[How to complete this task] For the entries below, count the lines that contain the word "debit" and reply with that number only.
——
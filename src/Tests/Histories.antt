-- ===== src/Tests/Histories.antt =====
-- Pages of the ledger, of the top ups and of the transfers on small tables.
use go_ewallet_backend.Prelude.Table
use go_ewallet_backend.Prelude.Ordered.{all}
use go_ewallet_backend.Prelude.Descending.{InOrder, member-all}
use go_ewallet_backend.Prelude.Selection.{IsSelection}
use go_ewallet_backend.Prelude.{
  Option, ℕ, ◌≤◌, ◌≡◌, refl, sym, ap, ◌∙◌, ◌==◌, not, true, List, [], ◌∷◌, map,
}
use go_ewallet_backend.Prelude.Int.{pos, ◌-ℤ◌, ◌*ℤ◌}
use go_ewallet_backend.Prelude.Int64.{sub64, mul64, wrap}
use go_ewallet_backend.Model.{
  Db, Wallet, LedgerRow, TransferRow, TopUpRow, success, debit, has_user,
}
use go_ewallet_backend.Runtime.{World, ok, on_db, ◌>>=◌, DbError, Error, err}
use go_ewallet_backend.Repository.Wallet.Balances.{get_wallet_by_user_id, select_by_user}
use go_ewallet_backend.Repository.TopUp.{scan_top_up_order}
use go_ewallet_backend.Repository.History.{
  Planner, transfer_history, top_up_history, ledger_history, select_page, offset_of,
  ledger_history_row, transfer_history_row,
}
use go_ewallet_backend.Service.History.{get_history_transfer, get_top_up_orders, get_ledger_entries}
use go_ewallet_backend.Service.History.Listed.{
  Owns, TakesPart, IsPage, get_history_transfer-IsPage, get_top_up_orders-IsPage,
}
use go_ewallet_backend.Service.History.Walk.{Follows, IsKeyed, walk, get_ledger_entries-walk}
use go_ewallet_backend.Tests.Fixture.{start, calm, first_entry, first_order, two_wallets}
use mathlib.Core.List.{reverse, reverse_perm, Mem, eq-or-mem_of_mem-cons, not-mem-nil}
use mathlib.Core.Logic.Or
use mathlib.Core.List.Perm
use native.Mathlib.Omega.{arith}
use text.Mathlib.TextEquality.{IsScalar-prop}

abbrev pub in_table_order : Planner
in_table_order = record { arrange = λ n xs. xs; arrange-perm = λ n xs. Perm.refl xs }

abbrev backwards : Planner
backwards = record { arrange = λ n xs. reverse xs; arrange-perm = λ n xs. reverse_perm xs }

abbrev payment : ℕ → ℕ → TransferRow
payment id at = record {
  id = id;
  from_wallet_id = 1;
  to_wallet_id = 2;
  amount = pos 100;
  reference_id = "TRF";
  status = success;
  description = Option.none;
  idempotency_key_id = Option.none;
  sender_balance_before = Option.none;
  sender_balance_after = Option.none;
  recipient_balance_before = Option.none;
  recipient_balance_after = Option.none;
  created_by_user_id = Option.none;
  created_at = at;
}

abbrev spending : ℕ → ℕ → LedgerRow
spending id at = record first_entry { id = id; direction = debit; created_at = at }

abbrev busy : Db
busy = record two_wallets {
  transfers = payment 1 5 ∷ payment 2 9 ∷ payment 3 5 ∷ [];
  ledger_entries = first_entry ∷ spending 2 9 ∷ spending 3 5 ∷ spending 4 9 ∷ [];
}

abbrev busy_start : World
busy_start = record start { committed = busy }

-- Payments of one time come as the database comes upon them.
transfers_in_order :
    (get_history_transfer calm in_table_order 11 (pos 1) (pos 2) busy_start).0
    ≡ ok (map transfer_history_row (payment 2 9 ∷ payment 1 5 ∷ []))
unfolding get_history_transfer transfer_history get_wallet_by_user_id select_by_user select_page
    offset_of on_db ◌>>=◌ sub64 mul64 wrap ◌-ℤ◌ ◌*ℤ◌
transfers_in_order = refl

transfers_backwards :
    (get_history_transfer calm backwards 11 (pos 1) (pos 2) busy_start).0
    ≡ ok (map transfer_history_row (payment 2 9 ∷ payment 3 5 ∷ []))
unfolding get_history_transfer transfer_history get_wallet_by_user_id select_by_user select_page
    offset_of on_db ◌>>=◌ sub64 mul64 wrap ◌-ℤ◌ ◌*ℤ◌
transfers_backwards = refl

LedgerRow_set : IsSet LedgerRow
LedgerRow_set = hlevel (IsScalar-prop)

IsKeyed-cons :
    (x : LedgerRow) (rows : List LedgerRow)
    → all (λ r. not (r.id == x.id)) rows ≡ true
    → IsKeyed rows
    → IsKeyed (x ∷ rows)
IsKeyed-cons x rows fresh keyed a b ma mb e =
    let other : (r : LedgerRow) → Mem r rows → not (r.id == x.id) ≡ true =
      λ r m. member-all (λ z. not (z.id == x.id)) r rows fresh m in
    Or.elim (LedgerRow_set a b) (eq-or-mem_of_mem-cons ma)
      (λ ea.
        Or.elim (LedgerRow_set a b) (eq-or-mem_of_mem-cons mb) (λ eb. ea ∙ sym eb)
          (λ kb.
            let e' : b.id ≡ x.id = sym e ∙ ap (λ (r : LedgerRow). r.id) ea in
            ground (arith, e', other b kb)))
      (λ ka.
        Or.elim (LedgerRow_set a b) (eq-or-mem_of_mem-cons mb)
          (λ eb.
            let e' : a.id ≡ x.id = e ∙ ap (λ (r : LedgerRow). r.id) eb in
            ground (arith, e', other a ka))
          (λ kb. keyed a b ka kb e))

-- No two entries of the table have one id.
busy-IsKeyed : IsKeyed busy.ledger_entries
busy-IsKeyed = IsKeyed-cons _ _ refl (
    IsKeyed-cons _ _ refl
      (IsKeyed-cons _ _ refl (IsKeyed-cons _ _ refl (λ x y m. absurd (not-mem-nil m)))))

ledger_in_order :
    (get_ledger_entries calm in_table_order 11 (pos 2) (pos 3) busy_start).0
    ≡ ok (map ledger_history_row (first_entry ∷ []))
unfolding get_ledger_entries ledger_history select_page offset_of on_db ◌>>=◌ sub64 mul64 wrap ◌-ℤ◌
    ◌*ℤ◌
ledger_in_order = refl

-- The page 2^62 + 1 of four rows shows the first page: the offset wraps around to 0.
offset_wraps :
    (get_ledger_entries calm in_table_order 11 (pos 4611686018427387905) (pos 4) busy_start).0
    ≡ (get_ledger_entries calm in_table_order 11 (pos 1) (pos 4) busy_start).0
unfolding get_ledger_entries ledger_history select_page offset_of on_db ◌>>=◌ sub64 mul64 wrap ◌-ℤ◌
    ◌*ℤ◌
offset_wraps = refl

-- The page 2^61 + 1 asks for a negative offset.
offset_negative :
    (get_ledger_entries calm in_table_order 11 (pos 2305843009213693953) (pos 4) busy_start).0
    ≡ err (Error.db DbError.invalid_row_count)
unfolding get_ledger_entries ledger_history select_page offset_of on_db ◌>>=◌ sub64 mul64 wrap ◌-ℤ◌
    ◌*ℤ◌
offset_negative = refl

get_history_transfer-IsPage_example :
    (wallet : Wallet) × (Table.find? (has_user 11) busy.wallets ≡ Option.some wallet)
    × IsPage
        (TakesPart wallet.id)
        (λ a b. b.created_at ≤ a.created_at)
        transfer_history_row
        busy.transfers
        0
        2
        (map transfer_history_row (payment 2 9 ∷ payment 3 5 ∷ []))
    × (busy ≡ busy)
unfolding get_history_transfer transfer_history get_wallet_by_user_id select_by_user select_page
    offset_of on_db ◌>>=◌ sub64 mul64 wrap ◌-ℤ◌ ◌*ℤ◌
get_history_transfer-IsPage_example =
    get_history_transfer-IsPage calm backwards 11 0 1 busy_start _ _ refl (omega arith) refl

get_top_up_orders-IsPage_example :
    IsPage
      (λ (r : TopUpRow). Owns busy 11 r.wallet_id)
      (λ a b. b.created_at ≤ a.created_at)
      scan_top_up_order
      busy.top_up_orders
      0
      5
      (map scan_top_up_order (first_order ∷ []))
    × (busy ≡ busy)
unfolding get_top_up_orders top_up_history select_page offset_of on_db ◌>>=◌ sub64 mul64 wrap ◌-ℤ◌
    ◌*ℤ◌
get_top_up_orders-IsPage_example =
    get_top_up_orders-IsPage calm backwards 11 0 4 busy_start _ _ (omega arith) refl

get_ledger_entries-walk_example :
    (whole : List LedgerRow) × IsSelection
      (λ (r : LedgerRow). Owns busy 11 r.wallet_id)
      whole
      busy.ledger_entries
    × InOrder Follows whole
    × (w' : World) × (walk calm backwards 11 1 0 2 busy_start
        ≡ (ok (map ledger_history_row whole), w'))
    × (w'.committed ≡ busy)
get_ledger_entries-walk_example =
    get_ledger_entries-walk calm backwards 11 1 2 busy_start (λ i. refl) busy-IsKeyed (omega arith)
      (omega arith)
——
[Answer] 2